Impute Demo¶
This notebook demonstrates how to use the SimpleSmartImputer
module from MissMecha for basic missing value imputation.
We will:
Create a small dataset with both numerical and categorical features
Apply automatic imputation strategies
Inspect the imputed results
[1]:
# --- Import Required Libraries ---
import pandas as pd
import numpy as np
# --- Set random seed for reproducibility ---
np.random.seed(42)
[2]:
# --- Create a Synthetic Dataset ---
data = {
'age': [25, np.nan, 30, 22, np.nan, 28, 35, 40, np.nan, 32],
'income': [50000, 60000, np.nan, 52000, 58000, np.nan, 61000, 59000, 57000, np.nan],
'gender': ['M', 'F', 'M', np.nan, 'F', 'F', 'M', 'F', np.nan, 'F']
}
df = pd.DataFrame(data)
print("Original dataset with missing values:")
df.head()
Original dataset with missing values:
[2]:
age | income | gender | |
---|---|---|---|
0 | 25.0 | 50000.0 | M |
1 | NaN | 60000.0 | F |
2 | 30.0 | NaN | M |
3 | 22.0 | 52000.0 | NaN |
4 | NaN | 58000.0 | F |
[5]:
# --- Apply SimpleSmartImputer ---
from missmecha.impute import SimpleSmartImputer
# Instantiate the imputer
imp = SimpleSmartImputer(cat_cols=['gender'])
# Fit and transform the data
df_imputed = imp.fit_transform(df)
print("Imputed dataset:")
df_imputed.head()
[SimpleSmartImputer] Column 'age' treated as numerical. Fill value = 30.285714285714285
[SimpleSmartImputer] Column 'income' treated as numerical. Fill value = 56714.28571428572
[SimpleSmartImputer] Column 'gender' treated as categorical. Fill value = F
Imputed dataset:
[5]:
age | income | gender | |
---|---|---|---|
0 | 25.000000 | 50000.000000 | M |
1 | 30.285714 | 60000.000000 | F |
2 | 30.000000 | 56714.285714 | M |
3 | 22.000000 | 52000.000000 | F |
4 | 30.285714 | 58000.000000 | F |
Note¶
Numerical columns (e.g.,
age
,income
) are imputed using the mean.Categorical columns (e.g.,
gender
) are imputed using the mode.No manual column type specification is required; MissMecha detects types automatically.

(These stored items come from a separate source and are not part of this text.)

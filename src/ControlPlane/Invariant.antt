-- ===== src/ControlPlane/Invariant.antt =====
-- The invariant of the two maps and the heap, under every critical section. A `System` is the
-- control plane with the sandboxes that some `refillWarmPool` has registered and not yet appended:
-- between these two sections the mutex is free.
pub mod Sections
use lean_sandbox.Common.{
  ℕ, ◌+◌, ◌<◌, ◌≡◌, refl, sym, ap, ◌∙◌, ◌≢◌, Bool, true, false, ◌⊎◌, inl, inr, Option, none, some,
  List, [], ◌∷◌, ◌++◌, arith, length, get_elem?, ◌==◌, if◌then◌else◌, ==_iff, Bool-cases,
  Option-cases, lt-length_of_get_elem?, get_elem?-append_left, get_elem?-append_new,
}
use mathlib.Core.Option
use lean_sandbox.Common.Int.{ℤ}
use lean_sandbox.Common.Text.{Bytes, str_eq}
use lean_sandbox.Common.Text.Laws.{str_eq_iff}
use lean_sandbox.Common.Dict.{nat_eq, bytes_eq, get, put, delete, get-put, get-delete}
use lean_sandbox.Api.{SandboxId}
use lean_sandbox.ControlPlane.{
  Sandbox, ControlPlane, modify, warm_refs, claim_at, split_last, or_nil, claim_warm, register,
  append_warm, has_id, remove_ref, remove_warm_ref, find, drop_tracked, keep_alive,
}
use lean_sandbox.ControlPlane.Heap.{
  Has, Distinct, Has-append, Distinct-concat, Splits, split_last-Splits, get_elem?-modify, Removes,
  remove_ref-Removes,
}

pub record System : Type 0 where
  pub cp : ControlPlane
  pub open cp use *
  pub pending : List ℕ

-- The address is that of a sandbox of this image which is not claimed.
abbrev pub Idle : List Sandbox → Bytes → ℕ → Type 0
Idle heap image a =
    (sb : Sandbox) × (get_elem? heap a ≡ some sb) × (sb.image ≡ image) × (sb.claimed ≡ false)

pub record Inv (s : System) : Type 0 where
  -- `byID` maps an id to the sandbox of that id
  pub ids :
      (i a : ℕ)
      → get i s.by_id ≡ some a
      → (sb : Sandbox) × (get_elem? s.heap a ≡ some sb) × (sb.id ≡ i)
  -- `byImage` lists sandboxes of the image that are not claimed, each once
  pub warm : (image : Bytes) (a : ℕ) → Has a (warm_refs s.cp image) → Idle s.heap image a
  pub once : (image : Bytes) → Distinct (warm_refs s.cp image)
  -- no two sandboxes have one id
  pub unique :
      (a b : ℕ) (x y : Sandbox)
      → get_elem? s.heap a ≡ some x
      → get_elem? s.heap b ≡ some y
      → x.id ≡ y.id
      → a ≡ b
  -- a sandbox that waits to be appended is not claimed, and in no list
  pub waiting :
      (a : ℕ)
      → Has a s.pending
      → ((image : Bytes) × Idle s.heap image a) × ((image : Bytes) → ¬ Has a (warm_refs s.cp image))
  pub waits_once : Distinct s.pending

pub warm_refs-put :
    (cp : ControlPlane) (image img : Bytes) (xs : List ℕ)
    → or_nil (get img (put image xs cp.by_image))
      ≡ (if str_eq image img then xs else warm_refs cp img)
warm_refs-put cp image img xs = ground (arith, get-put image img xs cp.by_image)

-- A list written to one image, where each list satisfies `P` before.
pub put_induction :
    (P : Bytes → List ℕ → Type 0) (cp : ControlPlane) (image img : Bytes) (xs : List ℕ)
    → P image xs
    → (image ≢ img → P img (warm_refs cp img))
    → P img (or_nil (get img (put image xs cp.by_image)))
put_induction P cp image img xs h k =
    rw (warm_refs-put cp image img xs) (go (Bool-cases (str_eq image img)))
  where
    go :
        ((str_eq image img ≡ true) ⊎ (str_eq image img ≡ false))
        → P img (if str_eq image img then xs else warm_refs cp img)
    go (inl e) = rw e (rw ((str_eq_iff image img).0 e) at h)
    go (inr e) = rw e (k (λ p. ground (arith, str_eq_iff image img)))

Idle-modify :
    (heap : List Sandbox) (image : Bytes) (a b : ℕ) (f : Sandbox → Sandbox)
    → b ≢ a
    → Idle heap image b
    → Idle (modify heap a f) image b
Idle-modify heap image a b f n (sb, e, i, c) =
    (sb, ground (arith, get_elem?-modify heap a b f), i, c)

-- A write that keeps the id: what stands behind an address afterwards had the id before.
before_modify :
    (heap : List Sandbox) (a b : ℕ) (f : Sandbox → Sandbox) (y : Sandbox)
    → ((x : Sandbox) → (f x).id ≡ x.id)
    → get_elem? (modify heap a f) b ≡ some y
    → (x : Sandbox) × (get_elem? heap b ≡ some x) × (x.id ≡ y.id)
before_modify heap a b f y same e = elim (Option-cases (get_elem? heap b)) [
  | inl n ↦ absurd (ground (arith, get_elem?-modify heap a b f))
  | inr (x, h) ↦ (x, h, ground (arith, get_elem?-modify heap a b f, same x))
]

after_modify :
    (heap : List Sandbox) (a b : ℕ) (f : Sandbox → Sandbox) (x : Sandbox)
    → ((x : Sandbox) → (f x).id ≡ x.id)
    → get_elem? heap b ≡ some x
    → (y : Sandbox) × (get_elem? (modify heap a f) b ≡ some y) × (y.id ≡ x.id)
after_modify heap a b f x same e = elim (Bool-cases (a == b)) [
  | inl h ↦ (f x, ground (arith, get_elem?-modify heap a b f), same x)
  | inr h ↦ (x, ground (arith, get_elem?-modify heap a b f), refl)
]

Distinct-front : (xs : List ℕ) (a : ℕ) → Distinct (xs ++ a ∷ []) → Distinct xs × ¬ Has a xs
Distinct-front [] a d = (tt, λ h. h)
Distinct-front (x ∷ xs) a d =
    let ih = Distinct-front xs a d.1 in
    let app = Has-append x xs (a ∷ []) in
    (
      (ground (arith, app), ih.0),
      λ h. elim h [ inl p ↦ d.0 (app.1 (inr (inl (sym p)))) | inr k ↦ ih.1 k ],
    )

-- What a claim that succeeds found and did.
abbrev pub claimed_cp : ControlPlane → Bytes → List ℕ → ℕ → ℤ → ControlPlane
claimed_cp cp image rest a now = record cp {
  by_image = put image rest cp.by_image;
  heap = modify cp.heap a (claim_at now);
}

pub claim_warm-eq_some :
    (cp : ControlPlane) (image : Bytes) (now : ℤ) {a : ℕ} {cp' : ControlPlane}
    → claim_warm cp image now ≡ some (a, cp')
    → (rest : List ℕ) × (warm_refs cp image ≡ rest ++ a ∷ [])
      × (cp' ≡ claimed_cp cp image rest a now)
unfolding claim_warm
claim_warm-eq_some cp image now {a} {cp'} e = elim (split_last-Splits (warm_refs cp image)) [
  | inl (n, s) ↦ absurd (ground arith)
  | inr (rest, b, w, s) ↦ (rest, ground arith, ground arith)
]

For more advanced control, users can manually specify column types or customize imputation behavior.
Key Takeaways¶
Automatically imputes numerical columns with mean and categorical columns with mode.
Supports scikit-learn style API (
fit
,transform
,fit_transform
).Allows manual specification of categorical columns if needed.
Provides a quick and lightweight baseline for missing data imputation.